──────── PROVIDED ENTRIES
-- ===== src/Process.antt =====
-- The process table of src/kernel/process.c. A pointer to a process is its slot in process_table;
-- the address of a slot's kernel stack, and the boot stack pointer, are given. The loop of
-- process_create stops at the first reusable slot. Messages to the serial port are left out.
use coffee_os_aurora_refresh.Base.{
  ℕ, zero, suc, ◌+◌, Bool, true, false, ◌||◌, Option, none, some, Array, update, ◌==◌,
  if◌then◌else◌, u32,
}
use coffee_os_aurora_refresh.Base.Search.{first}
use coffee_os_aurora_refresh.Paging.Defs.{Paging}
use coffee_os_aurora_refresh.Paging.Directory.{paging_switch_directory}
pub mod Table
mod Tests

pub data ProcessState : Type 0 where
  unused : ProcessState
  ready : ProcessState
  running : ProcessState
  exited : ProcessState
  faulted : ProcessState

-- struct UserlandResumeContext
pub record ResumeContext : Type 0 where
  pub kernel_esp : ℕ
  pub kernel_ebp : ℕ
  pub kernel_ebx : ℕ
  pub kernel_esi : ℕ
  pub kernel_edi : ℕ

-- struct Process, without the bytes of its kernel stack.
pub record Process : Type 0 where
  pub pid : ℕ
  pub page_directory_phys : ℕ
  pub user_entry : ℕ
  pub user_stack_top : ℕ
  pub kernel_stack_top : ℕ
  pub exit_code : ℕ
  pub state : ProcessState
  pub resume_context : ResumeContext

-- The static variables, with the TSS's kernel stack and the paging state that they act on.
pub record Processes : Type 0 where
  pub process_table : Array Process
  pub current_process : Option ℕ
  pub next_pid : ℕ
  pub kernel_page_directory_phys : ℕ
  pub boot_kernel_stack_top : ℕ
  pub tss_esp0 : ℕ
  pub paging : Paging

abbrev pub process_max : ℕ
process_max = 8

-- A slot after memzero.
abbrev pub zeroed : Process
zeroed = record {
  pid = 0;
  page_directory_phys = 0;
  user_entry = 0;
  user_stack_top = 0;
  kernel_stack_top = 0;
  exit_code = 0;
  state = ProcessState.unused;
  resume_context = record {
    kernel_esp = 0;
    kernel_ebp = 0;
    kernel_ebx = 0;
    kernel_esi = 0;
    kernel_edi = 0;
  };
}

-- process_init, on a given stack pointer.
unfoldable pub process_init : Paging → ℕ → ℕ → Processes
process_init paging esp0 esp = record {
  process_table = λ i. zeroed;
  current_process = none;
  next_pid = 1;
  kernel_page_directory_phys = paging.kernel_pd_phys;
  boot_kernel_stack_top = esp;
  tss_esp0 = esp0;
  paging = paging;
}

unfoldable pub reusable : ProcessState → Bool
reusable ProcessState.unused = true
reusable ProcessState.ready = false
reusable ProcessState.running = false
reusable ProcessState.exited = true
reusable ProcessState.faulted = true

-- The loop of process_create.
unfoldable pub find_slot : Array Process → Option ℕ
find_slot table = first (λ i. reusable (table i).state) process_max 0

-- The slot filled in, and the counter moved on past 0.
unfoldable pub fill_slot : (ℕ → ℕ) → Processes → ℕ → ℕ → ℕ → ℕ → Processes
fill_slot stack_top s i pd entry stack = record s {
  process_table = update s.process_table i (record zeroed {
    pid = s.next_pid;
    page_directory_phys = pd;
    user_entry = entry;
    user_stack_top = stack;
    kernel_stack_top = stack_top i;
    state = ProcessState.ready;
  });
  next_pid = if u32 (s.next_pid + 1) == 0 then 1 else u32 (s.next_pid + 1);
}

unfoldable pub process_create : (ℕ → ℕ) → Processes → ℕ → ℕ → ℕ → Option ℕ × Processes
process_create stack_top s pd entry stack =
    let created : Option ℕ × Processes = elim (find_slot s.process_table) [
      | none ↦ (none, s)
      | some i ↦ (some i, fill_slot stack_top s i pd entry stack)
    ] in
    if pd == 0 || entry == 0 || stack == 0 then (none, s) else created

unfoldable pub process_set_current : Processes → Option ℕ → Processes
process_set_current s process = record s { current_process = process }

unfoldable pub process_switch_to : Processes → Option ℕ → Processes
process_switch_to s none = s
process_switch_to s (some i) =
    let p = s.process_table i in
    record s {
      current_process = some i;
      process_table = update s.process_table i (record p { state = ProcessState.running });
      tss_esp0 = p.kernel_stack_top;
      paging = paging_switch_directory s.paging p.page_directory_phys;
    }

unfoldable pub process_switch_to_kernel : Processes → Processes
process_switch_to_kernel s = record s {
  current_process = none;
  tss_esp0 = s.boot_kernel_stack_top;
  paging =
      if s.kernel_page_directory_phys == 0
      then s.paging
      else paging_switch_directory s.paging s.kernel_page_directory_phys;
}

-- process_mark_exited and process_mark_faulted: the state that the process ends in, and its code.
unfoldable pub process_mark : ProcessState → Processes → Option ℕ → ℕ → Processes
process_mark final s none code = s
process_mark final s (some i) code =
    let p = s.process_table i in
    record s {
      process_table = update s.process_table i (record p { exit_code = code; state = final });
    }

unfoldable pub process_mark_exited : Processes → Option ℕ → ℕ → Processes
process_mark_exited s process code = process_mark ProcessState.exited s process code

unfoldable pub process_mark_faulted : Processes → Option ℕ → ℕ → Processes
process_mark_faulted s process code = process_mark ProcessState.faulted s process code

unfoldable pub process_current_pid : Processes → ℕ
process_current_pid s = elim s.current_process [ none ↦ 0 | some i ↦ (s.process_table i).pid ]
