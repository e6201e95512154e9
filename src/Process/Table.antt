-- ===== src/Process/Table.antt =====
-- Which slot process_create takes, and the process numbers that the table of src/kernel/process.c
-- hands out.
use coffee_os_aurora_refresh.Base.{
  ℕ, ◌+◌, ◌≤◌, ◌<◌, ◌≡◌, ◌≢◌, ◌⊎◌, inl, inr, refl, true, false, Option, none, some, List, [], ◌∷◌,
  length, if_intro, Option-cases, ==_ne, sym, ◌==◌, ◌||◌, update, update_self, update_ne, arith,
}
use coffee_os_aurora_refresh.Base.Search.{First, first-First}
use coffee_os_aurora_refresh.Process.{
  ProcessState, Process, Processes, process_max, reusable, find_slot, fill_slot, process_create,
  process_set_current, process_switch_to, process_switch_to_kernel, process_mark,
  process_mark_exited, process_mark_faulted,
}

-- The states of a slot that may be given to a new process, and the others.
abbrev pub Ended : ProcessState → Type 0
Ended state =
    (state ≡ ProcessState.unused) ⊎ (state ≡ ProcessState.exited) ⊎ (state ≡ ProcessState.faulted)

abbrev pub Alive : ProcessState → Type 0
Alive state = (state ≡ ProcessState.ready) ⊎ (state ≡ ProcessState.running)

reusable-Ended : (state : ProcessState) → reusable state ≡ true → Ended state
unfolding reusable
reusable-Ended ProcessState.unused h = inl refl
reusable-Ended ProcessState.ready h = absurd cc
reusable-Ended ProcessState.running h = absurd cc
reusable-Ended ProcessState.exited h = inr (inl refl)
reusable-Ended ProcessState.faulted h = inr (inr refl)

reusable-Alive : (state : ProcessState) → reusable state ≡ false → Alive state
unfolding reusable
reusable-Alive ProcessState.unused h = absurd cc
reusable-Alive ProcessState.ready h = inl refl
reusable-Alive ProcessState.running h = inr refl
reusable-Alive ProcessState.exited h = absurd cc
reusable-Alive ProcessState.faulted h = absurd cc

-- The table t has the new process in slot i, and is s but for it and the counter.
pub record Created (stack_top : ℕ → ℕ) (s t : Processes) (i pd entry stack : ℕ) : Type 0 where
  pub pid : (t.process_table i).pid ≡ s.next_pid
  pub directory : (t.process_table i).page_directory_phys ≡ pd
  pub starts_at : (t.process_table i).user_entry ≡ entry
  pub user_stack : (t.process_table i).user_stack_top ≡ stack
  pub kernel_stack : (t.process_table i).kernel_stack_top ≡ stack_top i
  pub code : (t.process_table i).exit_code ≡ 0
  pub is_ready : (t.process_table i).state ≡ ProcessState.ready
  pub no_context :
      (t.process_table i).resume_context
      ≡ record { kernel_esp = 0; kernel_ebp = 0; kernel_ebx = 0; kernel_esi = 0; kernel_edi = 0 }
  pub others : (j : ℕ) → j ≢ i → t.process_table j ≡ s.process_table j
  pub counter : s.next_pid + 1 < 4294967296 → t.next_pid ≡ s.next_pid + 1
  pub counter_wraps : s.next_pid + 1 ≡ 4294967296 → t.next_pid ≡ 1
  pub current : t.current_process ≡ s.current_process
  pub kernel_directory : t.kernel_page_directory_phys ≡ s.kernel_page_directory_phys
  pub boot_stack : t.boot_kernel_stack_top ≡ s.boot_kernel_stack_top
  pub esp0 : t.tss_esp0 ≡ s.tss_esp0
  pub same_paging : t.paging ≡ s.paging

fill_slot-Created :
    (stack_top : ℕ → ℕ) (s : Processes) (i pd entry stack : ℕ)
    → Created stack_top s (fill_slot stack_top s i pd entry stack) i pd entry stack
unfolding fill_slot
fill_slot-Created stack_top s i pd entry stack = record {
  pid = rw (filled) refl;
  directory = rw (filled) refl;
  starts_at = rw (filled) refl;
  user_stack = rw (filled) refl;
  kernel_stack = rw (filled) refl;
  code = rw (filled) refl;
  is_ready = rw (filled) refl;
  no_context = rw (filled) refl;
  others = λ j n. update_ne s.process_table i j _ (λ e. n (sym e));
  counter = λ h. ground arith;
  counter_wraps = λ h. ground arith;
  current = refl;
  kernel_directory = refl;
  boot_stack = refl;
  esp0 = refl;
  same_paging = refl;
}
  where
    filled : (x : Process) → update s.process_table i x i ≡ x
    filled x = update_self s.process_table i x

-- With nonzero arguments, process_create takes the first slot whose process is unused, has
-- exited or has faulted, returns it and fills it in (the next number, the directory, the entry
-- point and stacks, exit code 0, ready, a zero resume context), moves next_pid on, from
-- 0xFFFFFFFF to 1, and changes nothing else; when every slot is ready or running it returns
-- nothing and changes nothing.
pub process_create-Outcome :
    (stack_top : ℕ → ℕ) (s : Processes) (pd entry stack : ℕ)
    → pd ≢ 0
    → entry ≢ 0
    → stack ≢ 0
    → ((process_create stack_top s pd entry stack ≡ (none, s))
        × ((j : ℕ) → j < process_max → Alive (s.process_table j).state))
      ⊎ ((i : ℕ) × (i < process_max)
          × Ended (s.process_table i).state
          × ((j : ℕ) → j < i → Alive (s.process_table j).state)
          × ((process_create stack_top s pd entry stack).0 ≡ some i)
          × Created stack_top s (process_create stack_top s pd entry stack).1 i pd entry stack)
unfolding process_create find_slot
process_create-Outcome stack_top s pd entry stack hp he hs =
    rw (==_ne pd 0 hp, ==_ne entry 0 he, ==_ne stack 0 hs)
      (elim (Option-cases (find_slot s.process_table)) [
        | inl e ↦ rw e (inl (refl, λ j u. reusable-Alive _ ((rw e at found) j (omega arith) u)))
        | inr (i, e) ↦
            let p : First (λ j. reusable (s.process_table j).state) 0 process_max (some i) =
              rw e at found in
            rw e (
              inr (
                i,
                p.1,
                reusable-Ended _ p.2,
                (λ j u. reusable-Alive _ (p.3 j (omega arith) u)),
                refl,
                fill_slot-Created stack_top s i pd entry stack,
              ))
      ])
  where
    found :
        First (λ j. reusable (s.process_table j).state) 0 process_max (find_slot s.process_table)
    found = first-First (λ j. reusable (s.process_table j).state) process_max 0 process_max refl

-- The calls of the kernel on its process table.
pub data Call : Type 0 where
  create : ℕ → ℕ → ℕ → Call
  set_current : Option ℕ → Call
  switch_to : Option ℕ → Call
  switch_to_kernel : Call
  mark_exited : Option ℕ → ℕ → Call
  mark_faulted : Option ℕ → ℕ → Call

unfoldable pub step : (ℕ → ℕ) → Processes → Call → Processes
step stack_top s (create pd entry stack) = (process_create stack_top s pd entry stack).1
step stack_top s (set_current p) = process_set_current s p
step stack_top s (switch_to p) = process_switch_to s p
step stack_top s switch_to_kernel = process_switch_to_kernel s
step stack_top s (mark_exited p code) = process_mark_exited s p code
step stack_top s (mark_faulted p code) = process_mark_faulted s p code

unfoldable pub run : (ℕ → ℕ) → Processes → List Call → Processes
run stack_top s [] = s
run stack_top s (c ∷ cs) = run stack_top (step stack_top s c) cs

-- Processes have their own numbers, below the next one; 0 is no process.
pub record Numbered (s : Processes) : Type 0 where
  pub next : 1 ≤ s.next_pid
  pub below : (i : ℕ) → (s.process_table i).pid < s.next_pid
  pub apart :
      (i j : ℕ)
      → i ≢ j
      → (s.process_table i).pid ≢ 0
      → (s.process_table i).pid ≢ (s.process_table j).pid

-- A step that keeps the numbers keeps the property.
Numbered-same :
    (s t : Processes)
    → s.next_pid ≡ t.next_pid
    → ((i : ℕ) → (t.process_table i).pid ≡ (s.process_table i).pid)
    → Numbered s
    → Numbered t
Numbered-same s t e f v = record {
  next = rw (sym e) v.next;
  below = λ i. rw (sym e, f i) (v.below i);
  apart = λ i j. rw (f i, f j) (v.apart i j);
}

fill_slot-Numbered :
    (stack_top : ℕ → ℕ) (s : Processes) (i pd entry stack : ℕ)
    → s.next_pid + 1 < 4294967296
    → Numbered s
    → Numbered (fill_slot stack_top s i pd entry stack)
unfolding fill_slot
fill_slot-Numbered stack_top s i pd entry stack h v = record {
  next = ground arith;
  below = λ j. ground (arith, v.below j);
  apart = λ j k. ground (arith, v.next, v.below j, v.below k, v.apart j k);
}

process_create-Numbered :
    (stack_top : ℕ → ℕ) (s : Processes) (pd entry stack : ℕ)
    → s.next_pid + 1 < 4294967296
    → Numbered s
    → Numbered (process_create stack_top s pd entry stack).1
unfolding process_create
process_create-Numbered stack_top s pd entry stack h v =
    if_intro (λ (r : Option ℕ × Processes). Numbered r.1) (pd == 0 || entry == 0 || stack == 0) _ _
      (λ e. v)
      (λ e. elim (Option-cases (find_slot s.process_table)) [
        | inl f ↦ rw f v
        | inr (i, f) ↦ rw f (fill_slot-Numbered stack_top s i pd entry stack h v)
      ])

-- One call hands out at most one number.
create_next :
    (stack_top : ℕ → ℕ) (s : Processes) (pd entry stack : ℕ)
    → s.next_pid + 1 < 4294967296
    → (process_create stack_top s pd entry stack).1.next_pid ≤ s.next_pid + 1
unfolding process_create fill_slot
create_next stack_top s pd entry stack h =
    if_intro (λ (r : Option ℕ × Processes). r.1.next_pid ≤ s.next_pid + 1)
      (pd == 0 || entry == 0 || stack == 0) _ _ (λ e. omega arith)
      (λ e. elim (Option-cases (find_slot s.process_table)) [
        | inl f ↦ rw f (omega arith)
        | inr (i, f) ↦ rw f (ground arith)
      ])

mark-Numbered :
    (final : ProcessState) (s : Processes) (p : Option ℕ) (code : ℕ)
    → Numbered s
    → Numbered (process_mark final s p code)
unfolding process_mark
mark-Numbered final s none code v = v
mark-Numbered final s (some i) code v = Numbered-same s _ refl (λ j. ground arith) v

step-Numbered :
    (stack_top : ℕ → ℕ) (s : Processes) (c : Call)
    → s.next_pid + 1 < 4294967296
    → Numbered s
    → Numbered (step stack_top s c) × ((step stack_top s c).next_pid ≤ s.next_pid + 1)
unfolding step process_set_current process_switch_to process_switch_to_kernel process_mark
    process_mark_exited process_mark_faulted
step-Numbered stack_top s (create pd entry stack) h v = (
  process_create-Numbered stack_top s pd entry stack h v,
  create_next stack_top s pd entry stack h,
)
step-Numbered stack_top s (set_current p) h v = (Numbered-same s _ refl (λ j. refl) v, omega arith)
step-Numbered stack_top s (switch_to none) h v = (v, omega arith)
step-Numbered stack_top s (switch_to (some i)) h v =
    (Numbered-same s _ refl (λ j. ground arith) v, omega arith)
step-Numbered stack_top s switch_to_kernel h v = (Numbered-same s _ refl (λ j. refl) v, omega arith)
step-Numbered stack_top s (mark_exited none code) h v = (v, omega arith)
step-Numbered stack_top s (mark_exited (some i) code) h v =
    (mark-Numbered ProcessState.exited s (some i) code v, omega arith)
step-Numbered stack_top s (mark_faulted none code) h v = (v, omega arith)
step-Numbered stack_top s (mark_faulted (some i) code) h v =
    (mark-Numbered ProcessState.faulted s (some i) code v, omega arith)

-- Any sequence of calls too short to bring next_pid back to 0 leaves every process with a number
-- below next_pid that no other slot has, 0 aside.
pub run-Numbered :
    (stack_top : ℕ → ℕ) (s : Processes) (cs : List Call)
    → s.next_pid + length cs < 4294967296
    → Numbered s
    → Numbered (run stack_top s cs)
unfolding run
run-Numbered stack_top s [] h v = v
run-Numbered stack_top s (c ∷ cs) h v =
    run-Numbered stack_top (step stack_top s c) cs (omega (arith, after.1)) after.0
  where
    after : Numbered (step stack_top s c) × ((step stack_top s c).next_pid ≤ s.next_pid + 1)
    after = step-Numbered stack_top s c (omega arith) v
────────────────
WHAT IS REQUIRED >> Within the data above, the lines from the one with "below = λ j. ground (arith, v.below j);" to the one with "Numbered (process_create stack_top s pd entry stack).1" must be repeated exactly; no other line belongs in the answer.

WRITTEN RESPONSE >>
  below = λ j. ground (arith, v.below j);
  apart = λ j k. ground (arith, v.next, v.below j, v.below k, v.apart j k);
}

process_create-Numbered :
    (stack_top : ℕ → ℕ) (s : Processes) (pd entry stack : ℕ)
    → s.next_pid + 1 < 4294967296
    → Numbered s
    → Numbered (process_create stack_top s pd entry stack).1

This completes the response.